Task instructions | Each line below needs to be printed again exactly.

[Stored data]
::::
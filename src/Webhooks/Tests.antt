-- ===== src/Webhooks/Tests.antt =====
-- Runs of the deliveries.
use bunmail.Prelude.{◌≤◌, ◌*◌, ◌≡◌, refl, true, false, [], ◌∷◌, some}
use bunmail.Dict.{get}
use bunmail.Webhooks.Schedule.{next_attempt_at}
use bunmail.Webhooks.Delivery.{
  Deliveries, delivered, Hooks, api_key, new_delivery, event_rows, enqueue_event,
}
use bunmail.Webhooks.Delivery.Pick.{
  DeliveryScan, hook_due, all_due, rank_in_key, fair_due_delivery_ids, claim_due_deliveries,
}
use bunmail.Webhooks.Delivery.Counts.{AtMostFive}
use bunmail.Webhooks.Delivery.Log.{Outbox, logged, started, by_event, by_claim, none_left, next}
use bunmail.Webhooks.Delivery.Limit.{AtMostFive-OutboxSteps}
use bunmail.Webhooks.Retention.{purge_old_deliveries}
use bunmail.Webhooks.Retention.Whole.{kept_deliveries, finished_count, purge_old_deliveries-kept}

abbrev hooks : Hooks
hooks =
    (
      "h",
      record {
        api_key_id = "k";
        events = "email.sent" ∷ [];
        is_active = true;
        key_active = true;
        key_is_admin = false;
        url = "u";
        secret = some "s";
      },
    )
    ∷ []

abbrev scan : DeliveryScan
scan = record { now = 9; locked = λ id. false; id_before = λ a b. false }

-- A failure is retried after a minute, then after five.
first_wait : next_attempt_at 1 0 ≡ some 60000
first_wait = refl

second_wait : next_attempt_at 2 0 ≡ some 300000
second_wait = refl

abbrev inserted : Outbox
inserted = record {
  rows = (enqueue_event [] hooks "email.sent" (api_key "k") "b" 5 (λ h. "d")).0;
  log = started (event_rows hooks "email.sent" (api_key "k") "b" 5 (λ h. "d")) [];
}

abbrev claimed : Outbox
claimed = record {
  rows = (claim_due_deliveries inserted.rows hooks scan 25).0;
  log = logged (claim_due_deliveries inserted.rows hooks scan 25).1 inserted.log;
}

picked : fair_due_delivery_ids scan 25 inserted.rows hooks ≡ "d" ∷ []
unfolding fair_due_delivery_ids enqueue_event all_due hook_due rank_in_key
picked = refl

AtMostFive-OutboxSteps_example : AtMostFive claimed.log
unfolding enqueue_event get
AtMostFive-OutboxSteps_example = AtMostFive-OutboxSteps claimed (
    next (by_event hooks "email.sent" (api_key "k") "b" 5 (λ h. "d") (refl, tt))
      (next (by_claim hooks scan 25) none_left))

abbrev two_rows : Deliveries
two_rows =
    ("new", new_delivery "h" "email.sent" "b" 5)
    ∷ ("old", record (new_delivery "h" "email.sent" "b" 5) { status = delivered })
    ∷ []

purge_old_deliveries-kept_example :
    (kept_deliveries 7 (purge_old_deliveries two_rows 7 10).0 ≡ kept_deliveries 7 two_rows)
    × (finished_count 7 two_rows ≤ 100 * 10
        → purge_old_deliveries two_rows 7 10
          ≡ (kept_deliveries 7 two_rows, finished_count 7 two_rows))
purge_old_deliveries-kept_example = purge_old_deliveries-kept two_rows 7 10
::::
Response to the exercise |
filename src/Webhooks/Tests.antt
-- ===== src/Webhooks/Tests.antt =====
-- Runs of the deliveries.
use bunmail.Prelude.{◌≤◌, ◌*◌, ◌≡◌, refl, true, false, [], ◌∷◌, some}
use bunmail.Dict.{get}
use bunmail.Webhooks.Schedule.{next_attempt_at}
use bunmail.Webhooks.Delivery.{
  Deliveries, delivered, Hooks, api_key, new_delivery, event_rows, enqueue_event,
}
use bunmail.Webhooks.Delivery.Pick.{
  DeliveryScan, hook_due, all_due, rank_in_key, fair_due_delivery_ids, claim_due_deliveries,
}
use bunmail.Webhooks.Delivery.Counts.{AtMostFive}
use bunmail.Webhooks.Delivery.Log.{Outbox, logged, started, by_event, by_claim, none_left, next}
use bunmail.Webhooks.Delivery.Limit.{AtMostFive-OutboxSteps}
use bunmail.Webhooks.Retention.{purge_old_deliveries}
use bunmail.Webhooks.Retention.Whole.{kept_deliveries, finished_count, purge_old_deliveries-kept}

abbrev hooks : Hooks
hooks =
    (
      "h",
      record {
        api_key_id = "k";
        events = "email.sent" ∷ [];
        is_active = true;
        key_active = true;
        key_is_admin = false;
        url = "u";
        secret = some "s";
      },
    )
    ∷ []

abbrev scan : DeliveryScan
scan = record { now = 9; locked = λ id. false; id_before = λ a b. false }

-- A failure is retried after a minute, then after five.
first_wait : next_attempt_at 1 0 ≡ some 60000
first_wait = refl

second_wait : next_attempt_at 2 0 ≡ some 300000
second_wait = refl

abbrev inserted : Outbox
inserted = record {
  rows = (enqueue_event [] hooks "email.sent" (api_key "k") "b" 5 (λ h. "d")).0;
  log = started (event_rows hooks "email.sent" (api_key "k") "b" 5 (λ h. "d")) [];
}

abbrev claimed : Outbox
claimed = record {
  rows = (claim_due_deliveries inserted.rows hooks scan 25).0;
  log = logged (claim_due_deliveries inserted.rows hooks scan 25).1 inserted.log;
}

picked : fair_due_delivery_ids scan 25 inserted.rows hooks ≡ "d" ∷ []
unfolding fair_due_delivery_ids enqueue_event all_due hook_due rank_in_key
picked = refl

AtMostFive-OutboxSteps_example : AtMostFive claimed.log
unfolding enqueue_event get
AtMostFive-OutboxSteps_example = AtMostFive-OutboxSteps claimed (
    next (by_event hooks "email.sent" (api_key "k") "b" 5 (λ h. "d") (refl, tt))
      (next (by_claim hooks scan 25) none_left))

abbrev two_rows : Deliveries
two_rows =
    ("new", new_delivery "h" "email.sent" "b" 5)
    ∷ ("old", record (new_delivery "h" "email.sent" "b" 5) { status = delivered })
    ∷ []

purge_old_deliveries-kept_example :
    (kept_deliveries 7 (purge_old_deliveries two_rows 7 10).0 ≡ kept_deliveries 7 two_rows)
    × (finished_count 7 two_rows ≤ 100 * 10
        → purge_old_deliveries two_rows 7 10
          ≡ (kept_deliveries 7 two_rows, finished_count 7 two_rows))
purge_old_deliveries-kept_example = purge_old_deliveries-kept two_rows 7 10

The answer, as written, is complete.